NVlabs / NVBit

220 stars 20 forks source link

trt_ampere_h1688cudnn_128x128_ldg8_relu_exp_small_nhwc_linkable_tn_v1 trace error #43

Open leiwen83 opened 3 years ago

leiwen83 commented 3 years ago

Hi,

When I use nvbit to trace one program containing TensorRT kernel, it report illegal memory access for the sample plugin like instr_count or instr_count_bb.

The kernel name is trt_ampere_h1688cudnn_128x128_ldg8_relu_exp_small_nhwc_linkable_tn_v1, and tensorrt version is 7.2.1, while nvbit is also the latest version.

Thx, Lei

x-y-z commented 3 years ago

Do you mind sharing the binary so that we can use it for debugging? Thanks.

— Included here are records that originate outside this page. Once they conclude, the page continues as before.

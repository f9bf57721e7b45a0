-- ===== src/Psi/Transport/Reception.antt =====
-- What `psi_extractor_impl` makes of a payload, by how the bytes it then has end.
use mopa.Base.{
  ℕ, suc, ◌+◌, ◌<◌, ◌≡◌, refl, sym, ap, ◌∙◌, arith, List, [], ◌∷◌, ◌++◌, true, false, length, take,
  ltb, length-append, append-nil, Outcome, ok, bind, ◌-◌, le→ltb, lt→leb, le→leb, take-append,
  Bool-cases, inl, inr, ltb→le,
}
use mathlib.Core.Path.{subst}
use mopa.Psi.Extractor.{
  State, wait_start, wait_more, Extractor, Sections, is_stuffing, section_size, emitting,
  more_sections, Memcpy, to_front,
}
use mopa.Psi.Extractor.Safety.{size_bounds}
use mopa.Psi.Extractor.Rounds.{section_size-append}
use mopa.Psi.Transport.Layout.{drop_whole}
use mopa.Psi.Extractor.Whole.{
  IsSection, AllSections, join, more_sections-join, last_length, stuffing_stops,
}

-- The bytes of an unfinished section.
abbrev pub held_in : State → List ℕ → List ℕ
held_in wait_start bytes = []
held_in wait_more bytes = bytes

abbrev pub held : Extractor → List ℕ
held c = held_in c.state c.content

-- The sections that a call hands over, the bytes that it keeps, and what it leaves as it was.
pub record Hands (r : Outcome (Sections × Extractor)) (c : Extractor) (sections : Sections)
    (state : State) (kept : List ℕ) : Type 0 where
  pub next : Extractor
  pub returned : r ≡ ok (sections, next)
  pub state_is : next.state ≡ state
  pub held_is : held next ≡ kept
  pub same_limit : next.max_section_size ≡ c.max_section_size
  pub still_set : next.callback_set ≡ c.callback_set
  pub same_cc : next.cc ≡ c.cc

pub held_open : (e : Extractor) (t : List ℕ) → e.state ≡ wait_more → held e ≡ t → e.content ≡ t
held_open e t waits h = sym (ap (λ s. held_in s e.content) waits) ∙ h

module _ ⦃m : Memcpy⦄ where
  to_front_same :
      (s : State) (n : ℕ) (d : Extractor)
      → d.state ≡ s
      → (s ≡ wait_more → m.front (n - length d.content) d.content ≡ d.content)
      → to_front n d ≡ d
  unfolding to_front
  to_front_same wait_start n d is h = rw is refl
  to_front_same wait_more n d is h =
      let moved : Extractor = record d { content = m.front (n - length d.content) d.content } in
      let is_moved : to_front n d ≡ moved = rw is refl in
      is_moved ∙ ap (λ x. record d { content = x }) (h refl)

  -- The bytes that are kept are copied to the front as they are.
  pub Hands-front :
      (n : ℕ) (r : Outcome (Sections × Extractor)) (c : Extractor) {ss : Sections} {state : State}
      {kept : List ℕ}
      → Hands r c ss state kept
      → (state ≡ wait_more → m.front (n - length kept) kept ≡ kept)
      → Hands (bind r λ (sections, d). ok (sections, to_front n d)) c ss state kept
  Hands-front n r c {ss = ss} {kept = kept} h copies =
      let same : to_front n h.next ≡ h.next = to_front_same h.next.state n h.next refl λ waits.
        (let is = held_open h.next kept waits h.held_is in
          ap (λ x. m.front (n - length x) x) is ∙ copies (sym h.state_is ∙ waits) ∙ sym is) in
      record {
        next = h.next;
        returned = rw h.returned (ap (λ d. ok (ss, d)) same);
        state_is = h.state_is;
        held_is = h.held_is;
        same_limit = h.same_limit;
        still_set = h.still_set;
        same_cc = h.same_cc;
      }

Hands-emitting :
    (s : List ℕ) (r : Outcome (Sections × Extractor)) (c : Extractor) {ss : Sections}
    {state : State} {kept : List ℕ}
    → Hands r c ss state kept
    → Hands (emitting s r) c (s ∷ ss) state kept
Hands-emitting s r c h = record {
  next = h.next;
  returned = rw h.returned;
  state_is = h.state_is;
  held_is = h.held_is;
  same_limit = h.same_limit;
  still_set = h.still_set;
  same_cc = h.same_cc;
}

take_whole : (s : List ℕ) → take (length s) s ≡ s
take_whole s = ap (take (length s)) (sym (append-nil s)) ∙ take-append s []

-- A section that the bytes end with.
last_section :
    (fuel : ℕ) (s : List ℕ) (c : Extractor)
    → c.callback_set ≡ true
    → IsSection c.max_section_size s
    → Hands (more_sections (suc fuel) s c) c (s ∷ []) wait_start []
unfolding more_sections
last_section fuel s c set one =
    let size = one.complete in
    record {
      next = record c { dvb_section_length = length s; content = []; state = wait_start };
      returned =
          rw
            (
              one.table_id,
              le→ltb (length s) 3 (omega (arith, size_bounds s)),
              size,
              le→ltb c.max_section_size (length s) one.small,
              le→leb (length s) (length s) (omega arith),
              set,
              drop_whole s,
              take_whole s,
            )
            refl;
      state_is = refl;
      held_is = refl;
      same_limit = refl;
      still_set = refl;
      same_cc = refl;
    }

-- A part of a section, in front of the rest of it.
part_waits :
    (fuel : ℕ) (t rest : List ℕ) (c : Extractor)
    → 0 < length t
    → 0 < length rest
    → IsSection c.max_section_size (t ++ rest)
    → Hands (more_sections (suc fuel) t c) c [] wait_more t
unfolding more_sections
part_waits fuel t rest c some_byte some_rest one = elim (Bool-cases (ltb (length t) 3)) [
  | inl short ↦ record {
    next = record c { content = t; state = wait_more };
    returned = rw (first_byte t rest some_byte one.table_id, short) refl;
    state_is = refl;
    held_is = refl;
    same_limit = refl;
    still_set = refl;
    same_cc = refl;
  }
  | inr long ↦
      let sized : section_size t ≡ length t + length rest =
        sym (section_size-append t rest (ltb→le _ _ long)) ∙ one.complete ∙ length-append t rest in
      record {
        next = record c { dvb_section_length = section_size t; content = t; state = wait_more };
        returned =
            rw
              (
                first_byte t rest some_byte one.table_id,
                long,
                le→ltb c.max_section_size (section_size t)
                    (omega (arith, one.small, length-append t rest)),
                lt→leb (section_size t) (length t) (omega arith),
              )
              refl;
        state_is = refl;
        held_is = refl;
        same_limit = refl;
        still_set = refl;
        same_cc = refl;
      }
]
  where
    first_byte :
        (t rest : List ℕ) → 0 < length t → is_stuffing (t ++ rest) ≡ false → is_stuffing t ≡ false
    first_byte [] rest h e = absurd (omega arith)
    first_byte (x ∷ t) rest h e = e

-- The state after a section of which `rest` is missing.
abbrev pub after : List ℕ → State
after [] = wait_start
after (b ∷ bs) = wait_more

abbrev pub completed : List ℕ → List ℕ → Sections
completed s [] = s ∷ []
completed s (b ∷ bs) = []

abbrev pub unfinished : List ℕ → List ℕ → List ℕ
unfinished t [] = []
unfinished t (b ∷ bs) = t

part_or_all :
    (fuel : ℕ) (s t rest : List ℕ) (c : Extractor)
    → c.callback_set ≡ true
    → t ++ rest ≡ s
    → 0 < length t
    → IsSection c.max_section_size s
    → Hands (more_sections (suc fuel) t c) c (completed s rest) (after rest) (unfinished t rest)
part_or_all fuel s t [] c set whole some_byte one =
    let same : t ≡ s = sym (append-nil t) ∙ whole in
    subst (λ x. Hands (more_sections (suc fuel) x c) c (s ∷ []) wait_start []) (sym same)
      (last_section fuel s c set one)
part_or_all fuel s t (b ∷ bs) c set whole some_byte one =
    part_waits fuel t (b ∷ bs) c some_byte (omega arith)
      (subst (IsSection c.max_section_size) (sym whole) one)

-- Complete sections in front.
Hands-join :
    (sections : Sections) (tail : List ℕ) (c : Extractor) {ss : Sections} {state : State}
    {kept : List ℕ}
    → c.callback_set ≡ true
    → AllSections c.max_section_size sections
    → 0 < length tail
    → ((n : ℕ)
        → Hands
            (more_sections (suc (length tail)) tail (record c { dvb_section_length = n }))
            (record c { dvb_section_length = n })
            ss
            state
            kept)
    → Hands
        (more_sections (suc (length (join sections ++ tail))) (join sections ++ tail) c)
        c
        (sections ++ ss)
        state
        kept
Hands-join sections tail c set all some_byte h =
    let last = h (last_length c.dvb_section_length sections) in
    record {
      next = last.next;
      returned = rw (more_sections-join sections tail c set all some_byte, last.returned) refl;
      state_is = last.state_is;
      held_is = last.held_is;
      same_limit = last.same_limit;
      still_set = last.still_set;
      same_cc = last.same_cc;
    }

-- Complete sections, and a section or the first part of one.
pub Hands-part :
    (sections : Sections) (s t rest : List ℕ) (c : Extractor)
    → c.callback_set ≡ true
    → AllSections c.max_section_size sections
    → t ++ rest ≡ s
    → 0 < length t
    → IsSection c.max_section_size s
    → Hands
        (more_sections (suc (length (join sections ++ t))) (join sections ++ t) c)
        c
        (sections ++ completed s rest)
        (after rest)
        (unfinished t rest)
Hands-part sections s t rest c set all whole some_byte one =
    Hands-join sections t c set all some_byte λ n.
      part_or_all (length t) s t rest (record c { dvb_section_length = n }) set whole some_byte one

-- Complete sections, and stuffing.
pub Hands-stuffing :
    (sections : Sections) (stuffing : List ℕ) (c : Extractor)
    → c.callback_set ≡ true
    → AllSections c.max_section_size sections
    → Hands
        (more_sections
          (suc (length (join sections ++ 255 ∷ stuffing)))
          (join sections ++ 255 ∷ stuffing)
          c)
        c
        (sections ++ [])
        wait_start
        []
Hands-stuffing sections stuffing c set all =
    Hands-join sections (255 ∷ stuffing) c set all (omega arith) λ n. record {
      next = record c { dvb_section_length = n; content = 255 ∷ stuffing; state = wait_start };
      returned = stuffing_stops _ stuffing _;
      state_is = refl;
      held_is = refl;
      same_limit = refl;
      still_set = refl;
      same_cc = refl;
    }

leiwen83 commented 3 years ago

Hi,

using the onnx2trt could also reproduce it. onnx file could be found at: https://media.githubusercontent.com/media/onnx/models/master/vision/classification/resnet/model/resnet50-v2-7.onnx

Then using like instr_count.so:

LD_PRELOAD=./instr_count.so onnx2trt -b 1 -d 16 -w 20000000000 resnet50-v2-7.onnx -o 1.trt

x-y-z commented 3 years ago

I am not able to reproduce it with my local binary.

  1. My binary does not have trt_ampere_h1688cudnn_128x128_ldg8_relu_exp_small_nhwc_linkable_tn_v1 but only trt_ampere_h1688cudnn_128x128_ldg8_relu_exp_small_nhwc_tn_v1, trt_ampere_h1688cudnn_128x128_ldg8_relu_exp_medium_nhwc_tn_v1 and trt_ampere_h1688cudnn_128x128_ldg8_relu_exp_large_nhwc_tn_v1.
  2. no crash happened when instrumenting my trt_ampere_h1688cudnn_128x128_ldg8_relu_exp_* kernels.